1935 yılında, Başvekil İnönü imzasıyla Millet Meclisi'ne sunulan "Ulusal Bayram ve Genel Tatiller Hakkında Kanun Tasarısı"nda, "Bütün medeni milletlerce tatil günü olarak kabul edilen 31 Aralık öğleden sonrasıyla 1 Ocak günlerinin uygulanmakta olan tatil günlerine eklenmesi" teklif edildi. Kanunun kabulüyle, hem ulusal bir eksiğimiz giderildi, hem de yılbaşı geceleri sabahlayanların resmen uyuyabilmeleri sağlandı! Bu ilk tatil gününün ertesinde "Son Posta" gazetesi muhabiri, gözlemlerini şöle aktarıyordu: "Bu yıl yılbaşı gecesi, ay sonuna ve bayram ertesine gelişine rağmen, gayet neşeli geçti. Beyoğlu Gazinoları bir gecede, bir sene içinde görmedikleri kadar bol müşteri buldular ve bütün bir yılın ziyanını örtecek kadar satış yaptılar. Dün sabah, saat ondan akşama kadar, sokaklarda sayım gününü hatırlatan bir tenhalık seziliyordu. Tatili fırsat sayarak sabahın onuna kadar güle oynaya içenler, ayılıp da sokağa çıkamamışlardı."
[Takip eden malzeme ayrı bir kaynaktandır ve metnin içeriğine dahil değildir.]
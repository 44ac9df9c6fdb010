-- ===== src/Fs/Space.antt =====
-- The extents together with the heap of the free ones: the invariant of extent.c, and the changes
-- that keep it. A queue says which value the heap holds under a node.
use mathlib.Core.Path.{fun_ext}
use metal_fs.Base.{
  ℕ, ◌+◌, ◌<◌, ◌≡◌, refl, subst, Bool, true, false, ◌&&◌, Option, none, some, arith, ◌==◌,
  if◌then◌else◌,
}
use metal_fs.Fs.Types.{NodeId, free, is_free, Extent}
use metal_fs.Fs.Tiling.{Layout, update, IsTiling, relabel, split, join}

abbrev pub Queue : Type 0
Queue = NodeId → Option ℕ

abbrev pub same_node : NodeId → NodeId → Bool
same_node a b = (a.k == b.k) && (a.v == b.v)

unfoldable pub enqueue : Queue → NodeId → Option ℕ → Queue
enqueue q n x m = if same_node n m then x else q m

-- The heap node of a free extent of `len` blocks at `o`.
abbrev pub node : ℕ → ℕ → NodeId
node len o = record { k = len; v = o }

abbrev pub free_at : ℕ → ℕ → Extent
free_at len o = record { length = len; status = free; pq_node = node len o }

-- The extents tile the storage, and the heap holds exactly the free ones.
pub record IsConsistent (blocks : ℕ) (g : Layout) (q : Queue) : Type 0 where
  pub tiling : IsTiling blocks g
  pub queued :
      (o : ℕ) (e : Extent)
      → g o ≡ some e
      → is_free e.status ≡ true
      → (e ≡ free_at e.length o) × (q (node e.length o) ≡ some o)
  pub listed : (n : NodeId) (o : ℕ) → q n ≡ some o → (n.v ≡ o) × (g o ≡ some (free_at n.k o))

-- Of two changes at the same block the later counts.
shadow :
    (g : Layout) (o p : ℕ) (x y z : Option Extent)
    → update (update (update g o x) p y) o z ≡ update (update g p y) o z
unfolding update
shadow g o p x y z = fun_ext λ j. ground arith

module _ {blocks : ℕ} {g : Layout} {q : Queue} (c : IsConsistent blocks g q) where
  -- A free extent is taken whole.
  pub take_whole :
      (o : ℕ) (n : NodeId) (e : Extent)
      → q n ≡ some o
      → is_free e.status ≡ false
      → e.length ≡ n.k
      → IsConsistent blocks (update g o (some e)) (enqueue q n none)
  unfolding update enqueue
  take_whole o n e at used len = record {
    tiling = relabel c.tiling o (free_at n.k o) (c.listed n o at).1 e len;
    queued = λ p f h k. ground (arith, c.queued p f, c.listed n o);
    listed = λ m p h. ground (arith, c.listed m p, c.listed n o);
  }

  -- A free extent falls into a used front and a free rest.
  pub take_part :
      (o : ℕ) (n : NodeId) (e : Extent) (rest : ℕ)
      → q n ≡ some o
      → is_free e.status ≡ false
      → 0 < e.length
      → 0 < rest
      → e.length + rest ≡ n.k
      → IsConsistent blocks
          (update (update g (o + e.length) (some (free_at rest (o + e.length)))) o (some e))
          (enqueue (enqueue q n none) (node rest (o + e.length)) (some (o + e.length)))
  unfolding update enqueue
  take_part o n e rest at used pos pos' sum = record {
    tiling =
        split c.tiling o (free_at n.k o) (c.listed n o at).1 e (free_at rest (o + e.length)) pos
          pos' sum;
    queued = λ p f h k. ground (arith, c.queued p f, c.listed n o);
    listed = λ m p h. ground (
      arith,
      c.listed m p,
      c.listed n o,
      c.tiling.apart o (free_at n.k o) (o + e.length) (free_at m.k (o + e.length)),
    );
  }

  module _ (o : ℕ) (e : Extent) (at : g o ≡ some e) (used : is_free e.status ≡ false) where
    -- A used extent becomes free.
    pub give_back :
        IsConsistent blocks
          (update g o (some (free_at e.length o)))
          (enqueue q (node e.length o) (some o))
    unfolding update enqueue
    give_back = record {
      tiling = relabel c.tiling o e at (free_at e.length o) refl;
      queued = λ p f h k. ground (arith, c.queued p f);
      listed = λ m p h. ground (arith, c.listed m p);
    }

    -- A used extent becomes free, together with the free one behind it.
    pub give_back_joined :
        (n : Extent)
        → g (o + e.length) ≡ some n
        → is_free n.status ≡ true
        → IsConsistent blocks
            (update (update g (o + e.length) none) o (some (free_at (e.length + n.length) o)))
            (enqueue (enqueue q n.pq_node none) (node (e.length + n.length) o) (some o))
    unfolding update enqueue
    give_back_joined n behind unused = record {
      tiling = join c.tiling o e at n (free_at (e.length + n.length) o) behind refl;
      queued = λ p f h k. ground (arith, c.queued p f, c.queued (o + e.length) n);
      listed = λ m p h. ground (arith, c.listed m p, c.queued (o + e.length) n);
    }

    -- A used extent takes the front of the free one behind it.
    pub take_front :
        (n e' : Extent) (rest : ℕ)
        → g (o + e.length) ≡ some n
        → is_free n.status ≡ true
        → is_free e'.status ≡ false
        → 0 < e'.length
        → 0 < rest
        → e'.length + rest ≡ e.length + n.length
        → IsConsistent blocks
            (update
              (update
                (update g (o + e.length) none)
                (o + e'.length)
                (some (free_at rest (o + e'.length))))
              o
              (some e'))
            (enqueue (enqueue q n.pq_node none) (node rest (o + e'.length)) (some (o + e'.length)))
    unfolding update enqueue
    take_front n e' rest behind unused used' pos pos' sum =
        let joined : Extent = record e { length = e.length + n.length } in
        let whole : IsTiling blocks (update (update g (o + e.length) none) o (some joined)) =
          join c.tiling o e at n joined behind refl in
        let here : update (update g (o + e.length) none) o (some joined) o ≡ some joined =
          ground arith in
        record {
          tiling =
              subst (IsTiling blocks)
                (shadow (update g (o + e.length) none) o (o + e'.length) (some joined)
                  (some (free_at rest (o + e'.length))) (some e'))
                (split whole o joined here e' (free_at rest (o + e'.length)) pos pos' sum);
          queued = λ p f h k. ground (arith, c.queued p f, c.queued (o + e.length) n);
          listed = λ m p h. ground (
            arith,
            c.listed m p,
            c.queued (o + e.length) n,
            c.tiling.apart o e p (free_at m.k p),
            c.tiling.apart p (free_at m.k p) (o + e.length) n,
            c.tiling.apart (o + e.length) n p (free_at m.k p),
          );
        }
YILBAŞININ MANA VE EHEMMİYETİ
1938 yılı yılbaşında, Atatürk ilk kez Anadolu Ajansı yoluyla yeni yıl tebriklerine karşı bir "cevap" yayınladı. Bu cevabın metni şöyleydi: Yeni yıl münasebetiyle yurdun her tarafından vatandaşların yüksek duygularını ve samimi temennilerini bildiren bir çok telgraflar gelmektedir. Bundan son derece mütehassis olan Ataatürk, teşekkürlerinin ve saadet dileklerinin Anadolu Ajansı vasıtasiyle iletilmesini emir buyurmuşlardır." Bir yıl sonra, Atatürk'ün ölümün ardından gelen yılbaşı ise oldukça hüzünlü geçiyordu.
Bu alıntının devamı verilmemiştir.